Below are some records. Say in a single number how many of their lines include the word "prompt".

**** GIVEN DATA

-- ===== src/Lifecycle/Samples.antt =====
-- Sample data for the tests of the run lifecycle: arguments, bindings, a run and what happens outside.
use cortxt.Prelude.{ℕ, pos, String, true, [], ◌∷◌}
use cortxt.Value.{float, Fields, int, str, arr, obj, nil, cons, end, field}
use cortxt.Lifecycle.Schema.{Floats}
use cortxt.Lifecycle.Runs.{Session}
use cortxt.Lifecycle.Turns.{Invocation, returned, Service}
use cortxt.Lifecycle.Service.{World}

abbrev pub floats : Floats ℕ
floats = record { is_integer = λ x. true; is_finite = λ x. true }

abbrev pub run_id : String
run_id = "20260101T000000Z_0123abcd"

abbrev pub to_create : Fields ℕ
to_create = field "issue_ref" (str "o/r#1") (
    field "task_id" (str "t1") (
      field "workflow" (str "feature") (
        field "worker_role" (str "builder") (
          field "scope" (str "src") (
            field "acceptance_criteria" (arr (cons (str "builds") nil)) (
              field "engine_id" (str "hermes") (
                field "profile" (str "builder") (
                  field "max_runtime_seconds" (int (pos 60)) (
                    field "max_cost_usd" (int (pos 1)) (
                      field "max_parallel_workers" (int (pos 1)) (
                        field "delegation_depth" (int (pos 0)) (
                          field "artifact_policy" (obj end) (
                            field "approval_ref" (str "a1") (
                              field "data_class" (str "L1") (
                                field "estimated_cost_usd" (int (pos 1))
                                  (field "prompt" (str "go") end))))))))))))))))

abbrev pub binding : Fields ℕ
binding = field "issue_ref" (str "o/r#1") (field "scope_fingerprint" (str "src") end)

abbrev pub to_submit : Fields ℕ
to_submit = field "run_id" (str run_id) (
    field "issue_ref" (str "o/r#1") (
      field "result"
        (obj (
          field "status" (str "succeeded")
            (field "issue_id" (str "o/r#1") (field "run_id" (str run_id) end))))
        (field "review_kind" (str "independent")
          (field "idempotency_key" (str "k1") (field "data_class" (str "L1") end)))))

abbrev pub to_resume : Fields ℕ
to_resume = field "run_id" (str run_id) (
    field "issue_ref" (str "o/r#1") (
      field "prompt" (str "again") (
        field "max_runtime_seconds" (int (pos 60))
          (field "data_class" (str "L1") (field "estimated_cost_usd" (int (pos 1)) end)))))

-- the engine's answer
abbrev pub turned_out : String → Invocation ℕ
turned_out status = returned (obj (field "status" (str status) (field "session_id" (str "e1") end)))

abbrev pub world : String → String → World ℕ
world run_id status = record {
  run_id = run_id;
  session_id = run_id;
  submission_id = "rs-1";
  started_at = "noon";
  now = "later";
  has_provider = λ engine_id. true;
  session_written = true;
  created_written = true;
  running_written = true;
  event_written = true;
  invocation = turned_out status;
  error_text = "error";
}

-- a run whose engine was blocked
abbrev pub blocked_run : Session ℕ
blocked_run = record {
  session_id = run_id;
  created = field "run_id" (str run_id) (field "issue_id" (str "o/r#1") end);
  events =
      record {
        event_type = "run.engine_turn";
        payload = field "status" (str "blocked") (
            field "engine_id" (str "hermes")
              (field "profile" (str "builder") (field "session_id" (str "e1") end)));
      }
      ∷ record { event_type = "run.running"; payload = end }
      ∷ [];
}

abbrev pub with_run : Service ℕ
with_run = record { sessions = blocked_run ∷ []; workers = []; calls = [] }

abbrev pub without_runs : Service ℕ
without_runs = record { sessions = []; workers = []; calls = [] }

-- a mandate for the creation, and the verifier's keys and times
abbrev pub mandate : Fields ℕ
mandate = field "schema_version" (int (pos 2)) (
    field "mandate_id" (str "m1") (
      field "granted_by" (str "ops") (
        field "kid" (str "k1") (
          field "issue_ref" (str "o/r#1") (
            field "allowed_tools" (arr (cons (str "cortxt_run_create") nil)) (
              field "data_class_max" (str "L2") (
                field "budget_usd_max" (float 10) (
                  field "max_runtime_seconds" (int (pos 60)) (
                    field "expires_at" (str "noonZ") (
                      field "nonce" (str "n1") (
                        field "scope_fingerprint" (str "src")
                          (field "signature" (str "good") end))))))))))))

********

■ **TASK RESULT**
2